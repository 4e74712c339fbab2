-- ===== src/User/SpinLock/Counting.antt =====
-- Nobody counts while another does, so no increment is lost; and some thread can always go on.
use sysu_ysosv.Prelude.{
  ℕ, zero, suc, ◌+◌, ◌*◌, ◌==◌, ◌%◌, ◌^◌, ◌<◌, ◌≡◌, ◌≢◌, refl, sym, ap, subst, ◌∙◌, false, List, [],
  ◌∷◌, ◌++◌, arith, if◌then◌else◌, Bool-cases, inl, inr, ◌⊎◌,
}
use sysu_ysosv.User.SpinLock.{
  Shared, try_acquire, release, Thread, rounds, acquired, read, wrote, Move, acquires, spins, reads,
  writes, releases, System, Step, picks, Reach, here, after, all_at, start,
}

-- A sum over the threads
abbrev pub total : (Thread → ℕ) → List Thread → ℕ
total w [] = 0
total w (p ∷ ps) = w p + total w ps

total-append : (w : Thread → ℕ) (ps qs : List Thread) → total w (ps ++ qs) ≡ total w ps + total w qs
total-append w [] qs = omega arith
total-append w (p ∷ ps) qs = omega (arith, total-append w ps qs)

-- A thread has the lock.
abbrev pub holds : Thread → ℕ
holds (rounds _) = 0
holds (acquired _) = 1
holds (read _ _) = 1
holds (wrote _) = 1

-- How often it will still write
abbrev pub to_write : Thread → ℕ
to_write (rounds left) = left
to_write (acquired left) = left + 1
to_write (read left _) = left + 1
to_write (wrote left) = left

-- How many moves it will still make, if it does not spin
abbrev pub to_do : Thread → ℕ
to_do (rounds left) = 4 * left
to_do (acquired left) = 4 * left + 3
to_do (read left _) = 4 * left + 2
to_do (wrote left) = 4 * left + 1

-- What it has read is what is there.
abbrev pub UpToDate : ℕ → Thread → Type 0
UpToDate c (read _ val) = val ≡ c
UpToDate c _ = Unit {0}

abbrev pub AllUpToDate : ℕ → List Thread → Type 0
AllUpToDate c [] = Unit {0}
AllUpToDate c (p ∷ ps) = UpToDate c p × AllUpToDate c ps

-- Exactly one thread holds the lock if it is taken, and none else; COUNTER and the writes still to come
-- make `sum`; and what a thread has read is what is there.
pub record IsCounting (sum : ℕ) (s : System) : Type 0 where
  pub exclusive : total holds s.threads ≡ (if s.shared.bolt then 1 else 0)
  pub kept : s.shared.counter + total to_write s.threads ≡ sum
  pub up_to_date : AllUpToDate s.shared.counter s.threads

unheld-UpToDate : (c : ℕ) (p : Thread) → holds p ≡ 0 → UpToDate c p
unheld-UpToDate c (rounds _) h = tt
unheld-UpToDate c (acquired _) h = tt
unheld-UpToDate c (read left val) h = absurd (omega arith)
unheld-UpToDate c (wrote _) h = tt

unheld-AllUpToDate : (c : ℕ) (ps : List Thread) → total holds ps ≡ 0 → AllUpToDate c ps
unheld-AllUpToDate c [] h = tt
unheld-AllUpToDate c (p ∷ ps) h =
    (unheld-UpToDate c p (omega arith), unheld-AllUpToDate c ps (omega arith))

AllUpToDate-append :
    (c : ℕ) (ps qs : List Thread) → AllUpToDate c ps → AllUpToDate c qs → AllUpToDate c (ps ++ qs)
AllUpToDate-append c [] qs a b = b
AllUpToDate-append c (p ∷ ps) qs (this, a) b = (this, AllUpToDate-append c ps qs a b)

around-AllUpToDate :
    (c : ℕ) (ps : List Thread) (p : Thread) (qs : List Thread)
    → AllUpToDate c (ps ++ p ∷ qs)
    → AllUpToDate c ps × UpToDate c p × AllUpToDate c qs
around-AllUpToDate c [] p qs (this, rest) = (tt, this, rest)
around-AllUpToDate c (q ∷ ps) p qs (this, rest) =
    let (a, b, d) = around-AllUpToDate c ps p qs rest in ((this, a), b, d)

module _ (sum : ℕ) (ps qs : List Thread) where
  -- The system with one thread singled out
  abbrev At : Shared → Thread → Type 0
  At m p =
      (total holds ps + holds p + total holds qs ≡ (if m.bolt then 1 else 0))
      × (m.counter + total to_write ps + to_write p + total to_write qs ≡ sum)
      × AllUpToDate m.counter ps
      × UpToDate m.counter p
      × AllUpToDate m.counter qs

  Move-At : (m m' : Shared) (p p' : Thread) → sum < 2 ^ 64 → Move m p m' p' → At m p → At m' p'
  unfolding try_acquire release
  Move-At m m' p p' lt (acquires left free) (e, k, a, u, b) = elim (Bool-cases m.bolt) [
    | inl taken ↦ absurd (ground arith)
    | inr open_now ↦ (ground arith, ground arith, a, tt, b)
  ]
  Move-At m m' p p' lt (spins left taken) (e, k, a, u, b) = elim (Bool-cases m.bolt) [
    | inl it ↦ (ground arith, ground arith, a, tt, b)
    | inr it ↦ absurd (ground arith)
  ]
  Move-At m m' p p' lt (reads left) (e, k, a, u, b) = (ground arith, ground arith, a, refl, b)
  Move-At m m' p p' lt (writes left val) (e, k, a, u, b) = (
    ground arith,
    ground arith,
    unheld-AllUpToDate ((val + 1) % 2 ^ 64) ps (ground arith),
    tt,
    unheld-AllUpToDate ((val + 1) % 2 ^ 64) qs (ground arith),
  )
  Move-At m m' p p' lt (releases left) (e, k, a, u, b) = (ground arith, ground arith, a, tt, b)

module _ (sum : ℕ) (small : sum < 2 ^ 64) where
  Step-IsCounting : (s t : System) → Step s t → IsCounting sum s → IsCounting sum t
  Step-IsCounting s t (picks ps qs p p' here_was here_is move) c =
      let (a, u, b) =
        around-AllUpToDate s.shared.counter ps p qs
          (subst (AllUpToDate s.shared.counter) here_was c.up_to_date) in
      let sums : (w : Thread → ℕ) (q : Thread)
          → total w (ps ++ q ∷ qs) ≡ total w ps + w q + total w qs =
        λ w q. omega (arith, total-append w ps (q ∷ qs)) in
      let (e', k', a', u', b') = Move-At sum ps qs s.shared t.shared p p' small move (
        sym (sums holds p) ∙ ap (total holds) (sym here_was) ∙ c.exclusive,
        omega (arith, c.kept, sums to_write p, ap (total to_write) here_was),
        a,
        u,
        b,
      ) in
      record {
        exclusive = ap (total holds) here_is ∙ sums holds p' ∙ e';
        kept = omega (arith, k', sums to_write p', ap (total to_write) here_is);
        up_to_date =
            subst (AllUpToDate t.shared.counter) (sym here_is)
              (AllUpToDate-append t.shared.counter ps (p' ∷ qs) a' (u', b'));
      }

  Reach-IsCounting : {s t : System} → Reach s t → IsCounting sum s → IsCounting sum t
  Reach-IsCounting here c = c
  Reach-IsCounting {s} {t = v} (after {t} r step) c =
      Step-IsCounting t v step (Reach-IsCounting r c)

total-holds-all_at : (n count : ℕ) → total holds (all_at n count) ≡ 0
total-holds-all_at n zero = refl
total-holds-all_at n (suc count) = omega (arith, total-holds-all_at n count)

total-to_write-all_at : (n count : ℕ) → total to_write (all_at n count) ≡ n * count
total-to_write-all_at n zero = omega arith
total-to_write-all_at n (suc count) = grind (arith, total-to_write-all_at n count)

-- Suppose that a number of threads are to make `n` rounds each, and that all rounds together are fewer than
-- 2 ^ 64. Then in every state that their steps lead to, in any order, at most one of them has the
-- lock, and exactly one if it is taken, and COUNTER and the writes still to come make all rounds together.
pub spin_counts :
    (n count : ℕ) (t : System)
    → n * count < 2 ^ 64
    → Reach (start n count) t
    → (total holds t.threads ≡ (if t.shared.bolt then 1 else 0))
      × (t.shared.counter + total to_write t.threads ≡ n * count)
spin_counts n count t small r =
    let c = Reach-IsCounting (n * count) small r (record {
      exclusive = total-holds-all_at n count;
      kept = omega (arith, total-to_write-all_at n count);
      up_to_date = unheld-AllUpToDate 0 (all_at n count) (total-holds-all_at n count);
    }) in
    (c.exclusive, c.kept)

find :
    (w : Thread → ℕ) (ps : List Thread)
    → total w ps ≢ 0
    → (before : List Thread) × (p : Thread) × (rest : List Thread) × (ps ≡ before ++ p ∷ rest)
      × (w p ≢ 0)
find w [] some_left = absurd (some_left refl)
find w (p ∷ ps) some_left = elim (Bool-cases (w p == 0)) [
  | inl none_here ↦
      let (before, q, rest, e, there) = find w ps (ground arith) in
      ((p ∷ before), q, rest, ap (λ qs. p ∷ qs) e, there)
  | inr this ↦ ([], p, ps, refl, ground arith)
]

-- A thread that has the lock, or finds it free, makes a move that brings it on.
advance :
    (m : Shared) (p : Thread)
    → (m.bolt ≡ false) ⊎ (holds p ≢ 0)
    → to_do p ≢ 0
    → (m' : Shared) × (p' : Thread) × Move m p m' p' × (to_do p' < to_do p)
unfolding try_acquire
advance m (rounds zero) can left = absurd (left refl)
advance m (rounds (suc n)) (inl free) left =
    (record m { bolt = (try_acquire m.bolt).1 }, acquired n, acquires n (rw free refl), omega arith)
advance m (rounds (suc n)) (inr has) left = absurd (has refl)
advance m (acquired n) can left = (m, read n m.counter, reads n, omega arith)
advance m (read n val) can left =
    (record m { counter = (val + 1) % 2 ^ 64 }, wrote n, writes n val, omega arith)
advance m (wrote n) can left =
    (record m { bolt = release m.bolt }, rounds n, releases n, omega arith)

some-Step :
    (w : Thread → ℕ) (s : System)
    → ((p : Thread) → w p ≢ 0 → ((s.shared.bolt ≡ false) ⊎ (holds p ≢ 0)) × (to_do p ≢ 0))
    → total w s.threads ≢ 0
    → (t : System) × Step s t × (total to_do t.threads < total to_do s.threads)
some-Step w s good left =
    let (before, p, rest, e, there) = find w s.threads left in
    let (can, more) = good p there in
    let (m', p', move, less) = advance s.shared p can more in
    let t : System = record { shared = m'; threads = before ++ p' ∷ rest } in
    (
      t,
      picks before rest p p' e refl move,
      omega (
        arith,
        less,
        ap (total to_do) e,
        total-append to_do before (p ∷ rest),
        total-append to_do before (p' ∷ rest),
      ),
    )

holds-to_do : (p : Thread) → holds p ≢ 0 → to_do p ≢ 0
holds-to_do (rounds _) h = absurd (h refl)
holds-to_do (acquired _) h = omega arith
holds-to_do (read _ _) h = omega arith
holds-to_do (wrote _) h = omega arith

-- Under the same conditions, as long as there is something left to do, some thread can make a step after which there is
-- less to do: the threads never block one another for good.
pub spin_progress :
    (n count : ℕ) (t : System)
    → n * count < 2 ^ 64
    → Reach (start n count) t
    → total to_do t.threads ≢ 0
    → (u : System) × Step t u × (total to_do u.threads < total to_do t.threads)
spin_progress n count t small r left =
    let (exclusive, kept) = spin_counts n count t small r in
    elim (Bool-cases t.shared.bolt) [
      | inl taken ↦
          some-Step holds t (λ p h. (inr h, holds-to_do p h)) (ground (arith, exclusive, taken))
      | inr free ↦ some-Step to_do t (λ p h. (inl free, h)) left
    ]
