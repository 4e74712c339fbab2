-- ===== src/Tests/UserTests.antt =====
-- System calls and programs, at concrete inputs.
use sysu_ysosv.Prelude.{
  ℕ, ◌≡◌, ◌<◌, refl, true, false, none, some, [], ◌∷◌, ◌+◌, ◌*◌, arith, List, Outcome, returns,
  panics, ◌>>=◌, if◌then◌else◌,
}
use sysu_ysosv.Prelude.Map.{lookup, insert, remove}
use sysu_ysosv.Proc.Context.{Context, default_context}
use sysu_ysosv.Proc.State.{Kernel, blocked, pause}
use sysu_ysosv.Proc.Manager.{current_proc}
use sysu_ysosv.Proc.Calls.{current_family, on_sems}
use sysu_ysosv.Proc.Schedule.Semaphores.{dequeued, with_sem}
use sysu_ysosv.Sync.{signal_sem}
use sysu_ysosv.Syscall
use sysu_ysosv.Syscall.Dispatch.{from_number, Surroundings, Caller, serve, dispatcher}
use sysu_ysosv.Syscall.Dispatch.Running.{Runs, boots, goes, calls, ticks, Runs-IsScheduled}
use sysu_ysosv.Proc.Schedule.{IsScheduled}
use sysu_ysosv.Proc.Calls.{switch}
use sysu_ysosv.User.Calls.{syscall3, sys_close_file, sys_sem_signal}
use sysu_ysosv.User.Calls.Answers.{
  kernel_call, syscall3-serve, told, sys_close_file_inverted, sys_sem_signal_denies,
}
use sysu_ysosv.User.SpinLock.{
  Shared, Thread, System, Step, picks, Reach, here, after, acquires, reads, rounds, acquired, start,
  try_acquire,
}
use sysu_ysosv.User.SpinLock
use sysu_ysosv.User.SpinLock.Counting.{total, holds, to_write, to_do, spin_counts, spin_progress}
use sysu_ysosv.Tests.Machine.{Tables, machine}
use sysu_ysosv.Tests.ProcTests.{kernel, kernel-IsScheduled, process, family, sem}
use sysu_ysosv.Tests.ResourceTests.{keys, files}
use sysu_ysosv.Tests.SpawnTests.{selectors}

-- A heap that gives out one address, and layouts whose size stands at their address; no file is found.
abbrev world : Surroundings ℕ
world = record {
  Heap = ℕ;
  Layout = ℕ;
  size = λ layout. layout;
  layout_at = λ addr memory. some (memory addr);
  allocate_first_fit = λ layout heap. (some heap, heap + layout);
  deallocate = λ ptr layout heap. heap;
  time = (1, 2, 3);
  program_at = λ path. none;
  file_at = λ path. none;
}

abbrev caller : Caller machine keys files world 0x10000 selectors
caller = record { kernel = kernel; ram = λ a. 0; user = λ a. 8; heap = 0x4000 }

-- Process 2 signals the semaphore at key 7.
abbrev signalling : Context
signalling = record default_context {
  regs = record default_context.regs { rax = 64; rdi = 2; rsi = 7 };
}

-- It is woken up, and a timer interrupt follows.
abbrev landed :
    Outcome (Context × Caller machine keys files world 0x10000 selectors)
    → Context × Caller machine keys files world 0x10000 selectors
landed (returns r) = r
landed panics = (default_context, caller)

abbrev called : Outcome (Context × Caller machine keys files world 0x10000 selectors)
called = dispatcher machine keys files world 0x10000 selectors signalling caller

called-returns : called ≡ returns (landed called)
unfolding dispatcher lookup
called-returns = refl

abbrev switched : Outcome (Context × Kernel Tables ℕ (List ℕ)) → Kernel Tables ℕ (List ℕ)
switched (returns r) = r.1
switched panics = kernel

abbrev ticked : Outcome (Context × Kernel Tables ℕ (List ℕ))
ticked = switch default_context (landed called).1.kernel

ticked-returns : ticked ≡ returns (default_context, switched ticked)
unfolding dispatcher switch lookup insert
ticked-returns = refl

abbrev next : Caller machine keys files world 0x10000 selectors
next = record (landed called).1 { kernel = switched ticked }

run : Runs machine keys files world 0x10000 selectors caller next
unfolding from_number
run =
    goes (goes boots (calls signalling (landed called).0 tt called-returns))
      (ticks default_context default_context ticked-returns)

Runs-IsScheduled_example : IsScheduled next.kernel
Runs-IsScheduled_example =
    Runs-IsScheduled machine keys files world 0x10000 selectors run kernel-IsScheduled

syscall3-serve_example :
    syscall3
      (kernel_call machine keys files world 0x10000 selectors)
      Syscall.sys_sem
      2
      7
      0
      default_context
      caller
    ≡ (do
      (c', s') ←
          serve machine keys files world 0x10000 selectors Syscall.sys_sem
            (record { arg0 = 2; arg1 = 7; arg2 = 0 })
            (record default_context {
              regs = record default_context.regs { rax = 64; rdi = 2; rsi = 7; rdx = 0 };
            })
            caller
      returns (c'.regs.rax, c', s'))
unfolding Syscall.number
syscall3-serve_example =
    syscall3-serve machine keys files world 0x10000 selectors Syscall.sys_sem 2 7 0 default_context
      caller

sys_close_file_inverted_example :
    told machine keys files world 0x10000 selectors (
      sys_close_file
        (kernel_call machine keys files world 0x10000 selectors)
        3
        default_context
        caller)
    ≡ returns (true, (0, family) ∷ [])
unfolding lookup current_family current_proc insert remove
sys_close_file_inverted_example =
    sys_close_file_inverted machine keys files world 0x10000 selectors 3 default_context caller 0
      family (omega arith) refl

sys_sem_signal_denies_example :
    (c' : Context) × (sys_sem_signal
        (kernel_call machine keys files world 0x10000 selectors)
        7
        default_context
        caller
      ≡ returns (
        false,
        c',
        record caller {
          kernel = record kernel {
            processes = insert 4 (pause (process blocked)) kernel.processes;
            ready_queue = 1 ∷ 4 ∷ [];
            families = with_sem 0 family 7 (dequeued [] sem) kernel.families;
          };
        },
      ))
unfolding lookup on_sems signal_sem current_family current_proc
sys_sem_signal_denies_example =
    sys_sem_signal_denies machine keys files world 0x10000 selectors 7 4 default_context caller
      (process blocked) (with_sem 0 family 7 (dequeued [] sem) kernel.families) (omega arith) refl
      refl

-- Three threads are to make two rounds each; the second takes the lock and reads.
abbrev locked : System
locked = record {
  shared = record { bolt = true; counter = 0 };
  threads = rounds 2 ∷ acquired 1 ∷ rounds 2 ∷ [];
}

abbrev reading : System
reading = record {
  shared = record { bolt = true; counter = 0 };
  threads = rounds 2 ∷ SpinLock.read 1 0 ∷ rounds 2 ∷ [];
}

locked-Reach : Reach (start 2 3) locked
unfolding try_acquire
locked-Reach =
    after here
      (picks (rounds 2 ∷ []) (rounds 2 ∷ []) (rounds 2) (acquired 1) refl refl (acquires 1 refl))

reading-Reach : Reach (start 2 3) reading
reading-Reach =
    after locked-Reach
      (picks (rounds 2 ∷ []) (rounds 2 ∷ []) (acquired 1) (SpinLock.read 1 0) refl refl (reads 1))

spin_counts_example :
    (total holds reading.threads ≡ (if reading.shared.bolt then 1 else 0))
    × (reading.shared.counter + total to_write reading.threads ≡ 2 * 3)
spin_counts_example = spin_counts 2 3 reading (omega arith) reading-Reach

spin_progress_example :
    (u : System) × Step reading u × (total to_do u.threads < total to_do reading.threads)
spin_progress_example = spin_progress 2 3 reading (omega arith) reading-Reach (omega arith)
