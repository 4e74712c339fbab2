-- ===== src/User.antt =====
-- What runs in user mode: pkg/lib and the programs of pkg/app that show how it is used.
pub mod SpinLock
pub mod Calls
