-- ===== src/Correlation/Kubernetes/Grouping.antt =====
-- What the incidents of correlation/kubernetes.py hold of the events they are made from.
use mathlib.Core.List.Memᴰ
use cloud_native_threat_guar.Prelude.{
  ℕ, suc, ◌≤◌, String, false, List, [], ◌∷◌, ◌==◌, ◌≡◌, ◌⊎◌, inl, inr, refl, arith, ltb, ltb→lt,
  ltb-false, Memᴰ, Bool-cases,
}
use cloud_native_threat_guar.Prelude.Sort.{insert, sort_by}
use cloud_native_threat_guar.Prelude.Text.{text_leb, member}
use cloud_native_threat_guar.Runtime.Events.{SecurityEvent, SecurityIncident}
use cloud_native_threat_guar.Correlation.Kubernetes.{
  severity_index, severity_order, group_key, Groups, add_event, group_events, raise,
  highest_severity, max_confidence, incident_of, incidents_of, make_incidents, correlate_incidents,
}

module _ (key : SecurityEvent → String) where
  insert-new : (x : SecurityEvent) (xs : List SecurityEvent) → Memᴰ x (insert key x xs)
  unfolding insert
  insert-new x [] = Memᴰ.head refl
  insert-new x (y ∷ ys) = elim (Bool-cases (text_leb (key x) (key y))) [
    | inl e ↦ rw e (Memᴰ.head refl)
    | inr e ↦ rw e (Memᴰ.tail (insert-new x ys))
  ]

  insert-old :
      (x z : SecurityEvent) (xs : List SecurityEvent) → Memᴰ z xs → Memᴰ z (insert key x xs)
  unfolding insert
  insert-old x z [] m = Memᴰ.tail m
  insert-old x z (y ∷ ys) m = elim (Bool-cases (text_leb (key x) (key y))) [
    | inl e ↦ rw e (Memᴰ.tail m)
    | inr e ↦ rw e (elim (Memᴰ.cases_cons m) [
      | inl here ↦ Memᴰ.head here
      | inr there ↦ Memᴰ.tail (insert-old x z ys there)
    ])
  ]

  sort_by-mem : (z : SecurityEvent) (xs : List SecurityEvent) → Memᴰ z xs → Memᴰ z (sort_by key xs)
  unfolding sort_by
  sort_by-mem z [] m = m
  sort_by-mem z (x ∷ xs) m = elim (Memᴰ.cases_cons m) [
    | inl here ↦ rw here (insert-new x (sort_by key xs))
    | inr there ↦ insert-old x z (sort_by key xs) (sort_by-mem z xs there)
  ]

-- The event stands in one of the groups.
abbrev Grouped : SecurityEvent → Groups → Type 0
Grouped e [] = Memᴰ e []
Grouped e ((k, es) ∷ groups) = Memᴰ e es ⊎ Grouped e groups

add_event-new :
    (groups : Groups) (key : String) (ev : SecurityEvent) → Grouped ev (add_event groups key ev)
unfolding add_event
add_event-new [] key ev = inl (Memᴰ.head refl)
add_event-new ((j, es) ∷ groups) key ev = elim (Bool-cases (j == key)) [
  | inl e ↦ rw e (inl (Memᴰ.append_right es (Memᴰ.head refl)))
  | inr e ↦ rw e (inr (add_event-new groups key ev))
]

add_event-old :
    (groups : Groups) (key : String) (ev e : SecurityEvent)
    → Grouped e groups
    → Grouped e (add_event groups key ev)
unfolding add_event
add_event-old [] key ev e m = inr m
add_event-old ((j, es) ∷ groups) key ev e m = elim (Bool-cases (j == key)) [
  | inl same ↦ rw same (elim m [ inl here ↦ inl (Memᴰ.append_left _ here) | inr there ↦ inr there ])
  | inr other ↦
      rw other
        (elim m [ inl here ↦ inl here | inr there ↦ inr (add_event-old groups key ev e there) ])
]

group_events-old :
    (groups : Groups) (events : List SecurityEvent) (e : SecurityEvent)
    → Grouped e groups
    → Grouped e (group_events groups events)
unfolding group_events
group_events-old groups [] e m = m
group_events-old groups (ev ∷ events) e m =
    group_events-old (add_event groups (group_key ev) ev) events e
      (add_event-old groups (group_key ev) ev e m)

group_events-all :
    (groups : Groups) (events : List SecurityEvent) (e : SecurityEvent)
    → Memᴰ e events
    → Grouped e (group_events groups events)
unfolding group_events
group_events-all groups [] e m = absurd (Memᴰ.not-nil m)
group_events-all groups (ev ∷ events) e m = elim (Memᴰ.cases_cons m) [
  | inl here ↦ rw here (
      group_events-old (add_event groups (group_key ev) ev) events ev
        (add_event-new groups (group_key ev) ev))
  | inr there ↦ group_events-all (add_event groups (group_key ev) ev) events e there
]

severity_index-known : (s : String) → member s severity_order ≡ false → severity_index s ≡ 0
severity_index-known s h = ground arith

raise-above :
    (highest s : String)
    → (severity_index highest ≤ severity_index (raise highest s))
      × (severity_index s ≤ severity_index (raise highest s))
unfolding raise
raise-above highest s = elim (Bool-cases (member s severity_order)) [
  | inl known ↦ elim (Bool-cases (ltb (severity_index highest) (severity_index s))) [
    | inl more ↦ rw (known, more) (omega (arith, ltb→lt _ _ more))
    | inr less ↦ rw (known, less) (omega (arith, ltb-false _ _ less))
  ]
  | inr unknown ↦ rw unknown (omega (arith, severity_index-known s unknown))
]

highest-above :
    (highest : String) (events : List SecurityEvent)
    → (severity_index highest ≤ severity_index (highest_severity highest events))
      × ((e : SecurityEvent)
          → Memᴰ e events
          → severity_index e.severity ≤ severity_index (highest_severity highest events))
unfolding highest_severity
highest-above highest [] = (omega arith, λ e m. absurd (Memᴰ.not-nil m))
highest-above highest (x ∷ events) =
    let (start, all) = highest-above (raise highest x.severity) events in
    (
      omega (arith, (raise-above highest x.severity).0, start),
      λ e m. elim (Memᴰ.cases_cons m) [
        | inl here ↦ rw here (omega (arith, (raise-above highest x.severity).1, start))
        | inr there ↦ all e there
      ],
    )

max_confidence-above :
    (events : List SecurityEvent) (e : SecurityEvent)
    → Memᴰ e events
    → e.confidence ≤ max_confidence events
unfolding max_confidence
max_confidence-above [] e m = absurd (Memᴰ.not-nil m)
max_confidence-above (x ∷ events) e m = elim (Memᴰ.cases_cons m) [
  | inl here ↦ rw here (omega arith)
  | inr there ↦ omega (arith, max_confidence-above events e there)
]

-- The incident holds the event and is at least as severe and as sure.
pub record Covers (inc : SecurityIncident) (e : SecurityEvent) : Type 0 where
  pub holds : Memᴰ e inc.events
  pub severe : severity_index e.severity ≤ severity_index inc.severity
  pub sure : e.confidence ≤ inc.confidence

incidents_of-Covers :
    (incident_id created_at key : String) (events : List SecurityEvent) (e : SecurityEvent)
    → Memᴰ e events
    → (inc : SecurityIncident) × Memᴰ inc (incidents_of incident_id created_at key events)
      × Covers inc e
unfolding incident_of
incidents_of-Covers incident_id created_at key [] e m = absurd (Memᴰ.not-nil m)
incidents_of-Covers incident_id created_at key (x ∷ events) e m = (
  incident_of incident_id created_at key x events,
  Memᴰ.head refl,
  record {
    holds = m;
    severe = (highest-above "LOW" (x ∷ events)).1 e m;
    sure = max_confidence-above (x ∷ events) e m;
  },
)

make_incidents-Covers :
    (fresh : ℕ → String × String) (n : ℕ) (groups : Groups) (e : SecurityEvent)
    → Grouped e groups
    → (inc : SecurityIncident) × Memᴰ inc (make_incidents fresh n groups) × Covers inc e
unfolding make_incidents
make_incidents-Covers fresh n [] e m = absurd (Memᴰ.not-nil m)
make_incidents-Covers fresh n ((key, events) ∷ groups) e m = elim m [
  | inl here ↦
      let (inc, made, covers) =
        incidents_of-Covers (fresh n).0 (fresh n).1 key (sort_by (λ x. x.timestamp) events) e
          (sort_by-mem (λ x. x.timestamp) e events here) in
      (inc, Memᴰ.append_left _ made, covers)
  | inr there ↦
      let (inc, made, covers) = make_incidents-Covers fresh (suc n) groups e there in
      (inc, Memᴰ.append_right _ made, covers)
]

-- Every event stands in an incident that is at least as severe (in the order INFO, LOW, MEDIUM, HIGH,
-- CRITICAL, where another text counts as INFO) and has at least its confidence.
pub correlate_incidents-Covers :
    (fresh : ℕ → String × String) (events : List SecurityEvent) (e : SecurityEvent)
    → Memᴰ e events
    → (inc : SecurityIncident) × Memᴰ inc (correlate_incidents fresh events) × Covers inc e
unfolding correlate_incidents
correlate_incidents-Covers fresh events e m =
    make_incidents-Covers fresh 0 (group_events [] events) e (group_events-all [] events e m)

**What to do**
Since only part of the listing is wanted, copy exactly the lines from the one holding "exclusive = ap" to the one holding "total-to_write-all_at n zero = omega arith", both included.

**Solution to the problem**
        exclusive = ap (total holds) here_is ∙ sums holds p' ∙ e';
        kept = omega (arith, k', sums to_write p', ap (total to_write) here_is);
        up_to_date =
            subst (AllUpToDate t.shared.counter) (sym here_is)
              (AllUpToDate-append t.shared.counter ps (p' ∷ qs) a' (u', b'));
      }

  Reach-IsCounting : {s t : System} → Reach s t → IsCounting sum s → IsCounting sum t
  Reach-IsCounting here c = c
  Reach-IsCounting {s} {t = v} (after {t} r step) c =
      Step-IsCounting t v step (Reach-IsCounting r c)

total-holds-all_at : (n count : ℕ) → total holds (all_at n count) ≡ 0
total-holds-all_at n zero = refl
total-holds-all_at n (suc count) = omega (arith, total-holds-all_at n count)

total-to_write-all_at : (n count : ℕ) → total to_write (all_at n count) ≡ n * count
total-to_write-all_at n zero = omega arith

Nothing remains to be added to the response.